1. A method for constructing a predictive model of risk factors for the occurrence of pulmonary cavities in newly diagnosed septic tuberculosis, characterized in that, Includes the following steps: Collect clinical data of newly diagnosed septic tuberculosis patients; Univariate analysis, Lasso regression analysis, and multivariate logistic regression analysis were performed on the clinical data to determine that male sex, diabetes, smoking, white blood cell count, and platelet / hemoglobin ratio were independent risk factors for pulmonary cavitation caused by newly diagnosed septic tuberculosis. A nomogram prediction model is constructed based on the aforementioned independent risk factors.

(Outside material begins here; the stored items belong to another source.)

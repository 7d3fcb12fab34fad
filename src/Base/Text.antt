-- ===== src/Base/Text.antt =====
-- Python's `str` as its list of code points, with the methods that the scripts use.
use Prim.Native.Nat.{ℕ, zero, suc, ◌+◌, ◌-◌, ◌/◌, ◌%◌}
use Prim.Native.Char.{code}
use Prim.Native.String.{String}
use mathlib.Core.Bool.{Bool, true, false, ◌&&◌, ◌||◌, not}
use mathlib.Core.Option.{Option, none, some}
use mathlib.Core.List.{List, [], ◌∷◌, ◌++◌, reverse}
use ssh_honeypot.Base.Tests.{ltb, leb, if◌then◌else◌}
use ssh_honeypot.Base.Lists.{length, replicate}
use ssh_honeypot.Base.Equality.{◌==◌, nat_eq, list_eq}

abbrev pub Str : Type 0
Str = List ℕ

-- A literal. Shut, so that the literals in a definition stay short in proofs.
unfoldable pub lit : String → Str
lit String.[] = []
lit (String.◌∷◌ c s) = code c ∷ lit s

-- The predicates on characters that depend on the Unicode database: `re`'s `\d` and `\w`, and the
-- methods `isdigit`, `islower`, `isupper`, `isalnum`.
pub record Unicode : Type 0 where
  pub decimal : ℕ → Bool
  pub word : ℕ → Bool
  pub digit : ℕ → Bool
  pub lower : ℕ → Bool
  pub upper : ℕ → Bool
  pub alnum : ℕ → Bool

abbrev pub in_range : ℕ → ℕ → ℕ → Bool
in_range lo hi c = leb lo c && leb c hi

-- `str.isspace` of one character, which is `\s` of `re` too.
unfoldable pub is_space : ℕ → Bool
is_space c =
    in_range 9 13 c
    || in_range 28 32 c
    || c == 133
    || c == 160
    || c == 5760
    || in_range 8192 8202 c
    || c == 8232
    || c == 8233
    || c == 8239
    || c == 8287
    || c == 12288

unfoldable pub drop_while : (ℕ → Bool) → Str → Str
drop_while p [] = []
drop_while p (c ∷ s) = let rest = drop_while p s in if p c then rest else c ∷ s

unfoldable pub take_while : (ℕ → Bool) → Str → Str
take_while p [] = []
take_while p (c ∷ s) = let rest = take_while p s in if p c then c ∷ rest else []

unfoldable pub lstrip : Str → Str
lstrip = drop_while is_space

unfoldable pub rstrip : Str → Str
rstrip s = reverse (drop_while is_space (reverse s))

-- `s.strip()`
unfoldable pub strip : Str → Str
strip s = rstrip (lstrip s)

-- `s.startswith(p)`
unfoldable pub starts_with : Str → Str → Bool
starts_with s [] = true
starts_with [] (c ∷ p) = false
starts_with (d ∷ s) (c ∷ p) = d == c && starts_with s p

-- `s.endswith(p)`
unfoldable pub ends_with : Str → Str → Bool
ends_with s p = starts_with (reverse s) (reverse p)

-- `p in s`
unfoldable pub contains : Str → Str → Bool
contains [] p = starts_with [] p
contains (c ∷ s) p = starts_with (c ∷ s) p || contains s p

-- `s.split(sep)[0]` for a separator of one character.
unfoldable pub before_first : ℕ → Str → Str
before_first sep = take_while (λ c. not (c == sep))

unfoldable pub behind_first : ℕ → Str → Option Str
behind_first sep [] = none
behind_first sep (c ∷ r) = let rest = behind_first sep r in if c == sep then some r else rest

unfoldable pub reverse_or : Str → Option Str → Str
reverse_or s none = s
reverse_or s (some r) = reverse r

-- `s.rsplit(sep, 1)[0]`: the text before the last separator, all of it if there is none.
unfoldable pub before_last : ℕ → Str → Str
before_last sep s = reverse_or s (behind_first sep (reverse s))

-- `s.split()[0]` of a text that does not begin with a space.
unfoldable pub first_word : Str → Str
first_word = take_while (λ c. not (is_space c))

-- `sep.join(parts)`
unfoldable pub join : Str → List Str → Str
join sep [] = []
join sep (x ∷ []) = x
join sep (x ∷ y ∷ ys) = x ++ sep ++ join sep (y ∷ ys)

-- `s < t`, the order of code points.
unfoldable pub str_ltb : Str → Str → Bool
str_ltb s [] = false
str_ltb [] (d ∷ t) = true
str_ltb (c ∷ s) (d ∷ t) = let rest = str_ltb s t in if c == d then rest else ltb c d

unfoldable pub digits : ℕ → ℕ → Str
digits zero n = []
digits (suc fuel) n =
    let more = digits fuel (n / 10) ++ ((48 + n % 10) ∷ []) in
    if ltb n 10 then (48 + n) ∷ [] else more

-- `"%d" % n`. There are at most `n + 1` digits.
unfoldable pub show : ℕ → Str
show n = digits (n + 1) n

-- `s.rstrip(c)` for one character.
unfoldable pub rstrip_char : ℕ → Str → Str
rstrip_char c s = reverse (drop_while (λ d. d == c) (reverse s))

-- `"%-*s" % (n, s)` and `"%*s" % (n, s)`
unfoldable pub ljust : ℕ → Str → Str
ljust n s = s ++ replicate (n - length s) 32

unfoldable pub rjust : ℕ → Str → Str
rjust n s = replicate (n - length s) 32 ++ s
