-- ===== src/Base/Results.antt =====
-- Python's exceptions as values: a result, or the KeyError of a missing key.
use mathlib.Core.Path.{◌≡◌, refl, ap, subst}
use mathlib.Core.Option.{Option, none, some}
use mathlib.Core.List.{List, [], ◌∷◌}
use ssh_honeypot.Base.Equality.{Eq, ◌==◌}
use ssh_honeypot.Base.Dict.{Dict, get, AllValues}
use ssh_honeypot.Base.Tests.{Bool-cases}
use mathlib.Core.Logic.{◌⊎◌, inl, inr}
use ssh_honeypot.Base.Text.{Str}

pub data Result {ℓ} (A : Type ℓ) : Type ℓ where
  key_error : Str → Result A
  ok : A → Result A

infixl 5 ◌>>=◌
abbrev pub ◌>>=◌ {ℓ κ} : {A : Type ℓ} {B : Type κ} → Result A → (A → Result B) → Result B
key_error missing >>= next = key_error missing
ok value >>= next = next value

abbrev pub or_key_error {ℓ} : {A : Type ℓ} → Str → Option A → Result A
or_key_error k none = key_error k
or_key_error k (some a) = ok a

-- `d[k]`
abbrev pub look {ℓ} : {V : Type ℓ} → ⦃e : Eq Str⦄ → Str → Dict Str V → Result V
look k d = or_key_error k (get k d)

-- A loop whose body can raise.
unfoldable pub map_result {ℓ κ} :
    {A : Type ℓ} {B : Type κ} → (A → Result B) → List A → Result (List B)
map_result f [] = ok []
map_result f (x ∷ xs) = f x >>= λ b. map_result f xs >>= λ bs. ok (b ∷ bs)

pub Result-cases {ℓ} :
    {A : Type ℓ} (m : Result A) → ((a : A) × (m ≡ ok a)) ⊎ ((k : Str) × (m ≡ key_error k))
Result-cases (ok a) = inl (a, refl)
Result-cases (key_error k) = inr (k, refl)

-- The steps of a chain that returns.
pub record Passed {ℓ κ} {A : Type ℓ} {B : Type κ} (m : Result A) (f : A → Result B) (b : B)
    : Type (ℓ ⊔ κ) where
  pub value : A
  pub before : m ≡ ok value
  pub after : f value ≡ ok b

pub >>=-Passed {ℓ κ} :
    {A : Type ℓ} {B : Type κ} (m : Result A) (f : A → Result B) {b : B}
    → (m >>= f) ≡ ok b
    → Passed m f b
>>=-Passed (key_error k) f returned = cc
>>=-Passed (ok a) f returned = record { value = a; before = refl; after = returned }

-- What holds of the value of a computation, if it returns one.
abbrev pub Gives {ℓ κ} : {A : Type ℓ} → (A → Type κ) → Result A → Type κ
Gives P (ok a) = P a
Gives P (key_error k) = Unit

pub >>=-Gives {ℓ κ ι} :
    {A : Type ℓ} {B : Type κ} (P : B → Type ι) (m : Result A) (f : A → Result B)
    → ((a : A) → m ≡ ok a → Gives P (f a))
    → Gives P (m >>= f)
>>=-Gives P (ok a) f h = h a refl
>>=-Gives P (key_error k) f h = tt

-- The same, from what holds of the first value.
pub chain-Gives {ℓ κ ι ο} :
    {A : Type ℓ} {B : Type κ} (Q : A → Type ο) (P : B → Type ι) (m : Result A) (f : A → Result B)
    → Gives Q m
    → ((a : A) → Q a → Gives P (f a))
    → Gives P (m >>= f)
chain-Gives Q P (ok a) f q h = h a q
chain-Gives Q P (key_error k) f q h = tt

pub ok-injective {ℓ} : {A : Type ℓ} {a b : A} → ok a ≡ ok b → a ≡ b
ok-injective p = cc

pub ok-Gives {ℓ κ} :
    {A : Type ℓ} (P : A → Type κ) (m : Result A) (a : A) → m ≡ ok a → Gives P m → P a
ok-Gives P (ok b) a p h = subst P (ok-injective p) h
ok-Gives P (key_error k) a p h = cc

pub look-AllValues {ℓ κ} :
    {V : Type ℓ} ⦃e : Eq Str⦄ (P : V → Type κ) (k : Str) (d : Dict Str V) (v : V)
    → look k d ≡ ok v
    → AllValues P d
    → P v
unfolding get
look-AllValues P k [] v p h = cc
look-AllValues P k ((j, w) ∷ d) v p (hw, h) = elim (Bool-cases (k == j)) [
  | inl e ↦ subst P (ok-injective (rw e at p)) hw
  | inr e ↦ look-AllValues P k d v (rw e at p) h
]

pub get-AllValues {ℓ κ} :
    {V : Type ℓ} ⦃e : Eq Str⦄ (P : V → Type κ) (k : Str) (d : Dict Str V) (v : V)
    → get k d ≡ some v
    → AllValues P d
    → P v
get-AllValues P k d v p h = look-AllValues P k d v (ap (or_key_error k) p) h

2. The method for constructing a risk factor prediction model for the occurrence of pulmonary cavities in newly diagnosed septic tuberculosis according to claim 1, characterized in that, The clinical data includes the patient's general information and hematological examination results; the general information includes gender, age, hypertension, diabetes, history of alcohol consumption, and history of smoking; the hematological examination results include white blood cell count, C-reactive protein, mean platelet volume, aspartate aminotransferase, gamma-glutamyl transferase, adenosine deaminase, uric acid, neutrophil / lymphocyte ratio, and platelet / hemoglobin ratio.

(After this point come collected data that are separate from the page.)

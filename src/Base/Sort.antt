-- ===== src/Base/Sort.antt =====
-- Python's stable sort, by insertion, with the test "comes strictly before".
pub mod Order
use mathlib.Core.List.Perm
use mathlib.Core.List.{List, [], ◌∷◌, Perm}
use Prim.Native.Nat.{ℕ, ◌+◌}
use native.Mathlib.Omega.{arith}
use mathlib.Core.Path.{◌≡◌, refl, ◌∙◌}
use mathlib.Core.Bool.{Bool}
use ssh_honeypot.Base.Lists.{sum_by, All}
use ssh_honeypot.Base.Tests.{if◌then◌else◌, Bool-cases}
use mathlib.Core.Logic.{inl, inr}

module _ {ℓ} {A : Type ℓ} (before : A → A → Bool) where
  -- Puts `x` behind every element that does not have to come after it.
  unfoldable pub insert : A → List A → List A
  insert x [] = x ∷ []
  insert x (y ∷ ys) = let rest = insert x ys in if before x y then x ∷ y ∷ ys else y ∷ rest

  insert_left : List A → List A → List A
  insert_left sorted [] = sorted
  insert_left sorted (x ∷ xs) = insert_left (insert x sorted) xs

  -- `sorted(xs, key=…)`: elements in their order of arrival, each behind its equals.
  unfoldable pub sort : List A → List A
  unfolding insert_left insert
  sort xs = insert_left [] xs

  pub insert-perm : (x : A) (ys : List A) → Perm (insert x ys) (x ∷ ys)
  unfolding insert
  insert-perm x [] = Perm.refl (x ∷ [])
  insert-perm x (y ∷ ys) = elim (Bool-cases (before x y)) [
    | inl e ↦ rw e (Perm.refl (x ∷ y ∷ ys))
    | inr e ↦ rw e (Perm.trans (Perm.cons y (insert-perm x ys)) (Perm.swap x y ys))
  ]

  -- A sum over the elements does not change.
  sum_by-insert : (f : A → ℕ) (x : A) (ys : List A) → sum_by f (insert x ys) ≡ f x + sum_by f ys
  unfolding insert
  sum_by-insert f x [] = refl
  sum_by-insert f x (y ∷ ys) = ground (arith, sum_by-insert f x ys)

  sum_by-insert_left :
      (f : A → ℕ) (sorted xs : List A)
      → sum_by f (insert_left sorted xs) ≡ sum_by f sorted + sum_by f xs
  unfolding insert_left
  sum_by-insert_left f sorted [] = omega arith
  sum_by-insert_left f sorted (x ∷ xs) =
      sum_by-insert_left f (insert x sorted) xs ∙ omega (arith, sum_by-insert f x sorted)

  pub sum_by-sort : (f : A → ℕ) (xs : List A) → sum_by f (sort xs) ≡ sum_by f xs
  unfolding sort
  sum_by-sort f xs = sum_by-insert_left f [] xs ∙ omega arith

  -- What holds of all elements holds of all in order.
  All-insert {κ} : (P : A → Type κ) (x : A) (ys : List A) → P x → All P ys → All P (insert x ys)
  unfolding insert
  All-insert P x [] hx h = (hx, h)
  All-insert P x (y ∷ ys) hx (hy, h) = elim (Bool-cases (before x y)) [
    | inl e ↦ rw e (hx, (hy, h))
    | inr e ↦ rw e (hy, All-insert P x ys hx h)
  ]

  All-insert_left {κ} :
      (P : A → Type κ) (sorted xs : List A)
      → All P sorted
      → All P xs
      → All P (insert_left sorted xs)
  unfolding insert_left
  All-insert_left P sorted [] hs h = hs
  All-insert_left P sorted (x ∷ xs) hs (hx, h) =
      All-insert_left P (insert x sorted) xs (All-insert P x sorted hx hs) h

  pub All-sort {κ} : (P : A → Type κ) (xs : List A) → All P xs → All P (sort xs)
  unfolding sort
  All-sort P xs h = All-insert_left P [] xs tt h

3. The method for constructing a risk factor prediction model for the occurrence of pulmonary cavities in newly diagnosed septic tuberculosis patients according to claim 1, characterized in that, The univariate analysis was used to screen variables with p < 0.05; the Lasso regression analysis used 10-fold cross-validation for data processing and variable screening, and determined predictors by identifying features with non-zero coefficients; the multivariate logistic regression analysis was used to identify independent risk factors.

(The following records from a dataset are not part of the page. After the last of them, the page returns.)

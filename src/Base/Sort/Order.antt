-- ===== src/Base/Sort/Order.antt =====
-- The order of a list that is sorted, by a number or by any test.
use Prim.Native.Nat.{ℕ, ◌≤◌}
use native.Mathlib.Omega.{arith}
use mathlib.Core.Logic.{inl, inr}
use mathlib.Core.List.Perm
use mathlib.Core.List.{List, [], ◌∷◌, ◌++◌, Perm, append-nil}
use mathlib.Core.Path.{◌≡◌, subst}
use mathlib.Core.Bool.{Bool, true, false}
use ssh_honeypot.Base.Sort.{insert, insert_left, sort, insert-perm}
use ssh_honeypot.Base.Tests.{ltb, Bool-cases}

module _ {ℓ} {A : Type ℓ} (key : A → ℕ) where
  -- The keys are at least `lo` and do not fall.
  abbrev pub AscendingFrom : ℕ → List A → Type 0
  AscendingFrom lo [] = Unit
  AscendingFrom lo (x ∷ xs) = (lo ≤ key x) × AscendingFrom (key x) xs

  insert-AscendingFrom :
      (lo : ℕ) (x : A) (ys : List A)
      → lo ≤ key x
      → AscendingFrom lo ys
      → AscendingFrom lo (insert (λ a b. ltb (key a) (key b)) x ys)
  unfolding insert
  insert-AscendingFrom lo x [] hx h = (hx, tt)
  insert-AscendingFrom lo x (y ∷ ys) hx (hy, h) = elim (Bool-cases (ltb (key x) (key y))) [
    | inl e ↦ rw e (hx, (ground arith, h))
    | inr e ↦ rw e (hy, insert-AscendingFrom (key y) x ys (ground arith) h)
  ]

  insert_left-AscendingFrom :
      (sorted xs : List A)
      → AscendingFrom 0 sorted
      → AscendingFrom 0 (insert_left (λ a b. ltb (key a) (key b)) sorted xs)
  unfolding insert_left
  insert_left-AscendingFrom sorted [] h = h
  insert_left-AscendingFrom sorted (x ∷ xs) h =
      insert_left-AscendingFrom (insert (λ a b. ltb (key a) (key b)) x sorted) xs
        (insert-AscendingFrom 0 x sorted (omega arith) h)

  pub sort-AscendingFrom : (xs : List A) → AscendingFrom 0 (sort (λ a b. ltb (key a) (key b)) xs)
  unfolding sort
  sort-AscendingFrom xs = insert_left-AscendingFrom [] xs tt

-- Each element stands in a relation to the next.
module _ {ℓ κ} {A : Type ℓ} (R : A → A → Type κ) where
  abbrev pub LinkedFrom : A → List A → Type κ
  LinkedFrom x [] = Unit
  LinkedFrom x (y ∷ ys) = R x y × LinkedFrom y ys

  abbrev pub IsLinked : List A → Type κ
  IsLinked [] = Unit
  IsLinked (x ∷ xs) = LinkedFrom x xs

  -- A relation that the test decides one way or the other.
  module _ (before : A → A → Bool) (yes : (x y : A) → before x y ≡ true → R x y)
      (no : (x y : A) → before x y ≡ false → R y x) where
    insert-LinkedFrom :
        (p x : A) (ys : List A) → R p x → LinkedFrom p ys → LinkedFrom p (insert before x ys)
    unfolding insert
    insert-LinkedFrom p x [] hx h = (hx, tt)
    insert-LinkedFrom p x (y ∷ ys) hx (hy, h) = elim (Bool-cases (before x y)) [
      | inl e ↦ rw e (hx, (yes x y e, h))
      | inr e ↦ rw e (hy, insert-LinkedFrom y x ys (no x y e) h)
    ]

    insert-IsLinked : (x : A) (ys : List A) → IsLinked ys → IsLinked (insert before x ys)
    unfolding insert
    insert-IsLinked x [] h = tt
    insert-IsLinked x (y ∷ ys) h = elim (Bool-cases (before x y)) [
      | inl e ↦ rw e (yes x y e, h)
      | inr e ↦ rw e (insert-LinkedFrom y x ys (no x y e) h)
    ]

    insert_left-IsLinked :
        (sorted xs : List A) → IsLinked sorted → IsLinked (insert_left before sorted xs)
    unfolding insert_left
    insert_left-IsLinked sorted [] h = h
    insert_left-IsLinked sorted (x ∷ xs) h =
        insert_left-IsLinked (insert before x sorted) xs (insert-IsLinked x sorted h)

    pub sort-IsLinked : (xs : List A) → IsLinked (sort before xs)
    unfolding sort
    sort-IsLinked xs = insert_left-IsLinked [] xs tt

-- Sorting rearranges.
module _ {ℓ} {A : Type ℓ} (before : A → A → Bool) where
  append-perm : (xs : List A) {ys zs : List A} → Perm ys zs → Perm (xs ++ ys) (xs ++ zs)
  append-perm [] h = h
  append-perm (x ∷ xs) h = Perm.cons x (append-perm xs h)

  middle-perm : (xs : List A) (y : A) (ys : List A) → Perm (xs ++ (y ∷ ys)) (y ∷ (xs ++ ys))
  middle-perm [] y ys = Perm.refl (y ∷ ys)
  middle-perm (x ∷ xs) y ys =
      Perm.trans (Perm.cons x (middle-perm xs y ys)) (Perm.swap y x (xs ++ ys))

  insert_left-perm : (sorted xs : List A) → Perm (insert_left before sorted xs) (xs ++ sorted)
  unfolding insert_left
  insert_left-perm sorted [] = Perm.refl sorted
  insert_left-perm sorted (x ∷ xs) =
      Perm.trans (insert_left-perm (insert before x sorted) xs)
        (Perm.trans (append-perm xs (insert-perm before x sorted)) (middle-perm xs x sorted))

  pub sort-perm : (xs : List A) → Perm (sort before xs) xs
  unfolding sort
  sort-perm xs = subst (Perm (sort before xs)) (append-nil xs) (insert_left-perm [] xs)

4. The method for constructing a risk factor prediction model for the occurrence of pulmonary cavities in newly diagnosed septic tuberculosis according to claim 1, characterized in that, The nomogram prediction model is constructed using the regression equation: Logit[P / (1-P)]=1.052×male+3.075×diabetes+2.041×smoking+0.150×white blood cell count+0.612×platelet / hemoglobin value-5.

642.

5. The method for constructing a risk factor prediction model for the occurrence of pulmonary cavities in newly diagnosed septic tuberculosis according to claim 1, characterized in that, It also includes a step of evaluating the nomogram prediction model, the evaluation of which includes assessing the calibration accuracy of the model using the Hosmer-Lemeshow goodness-of-fit test, assessing the discriminative power of the model using receiver operating characteristic (ROC) curves, and assessing the clinical utility of the model using decision curve analysis.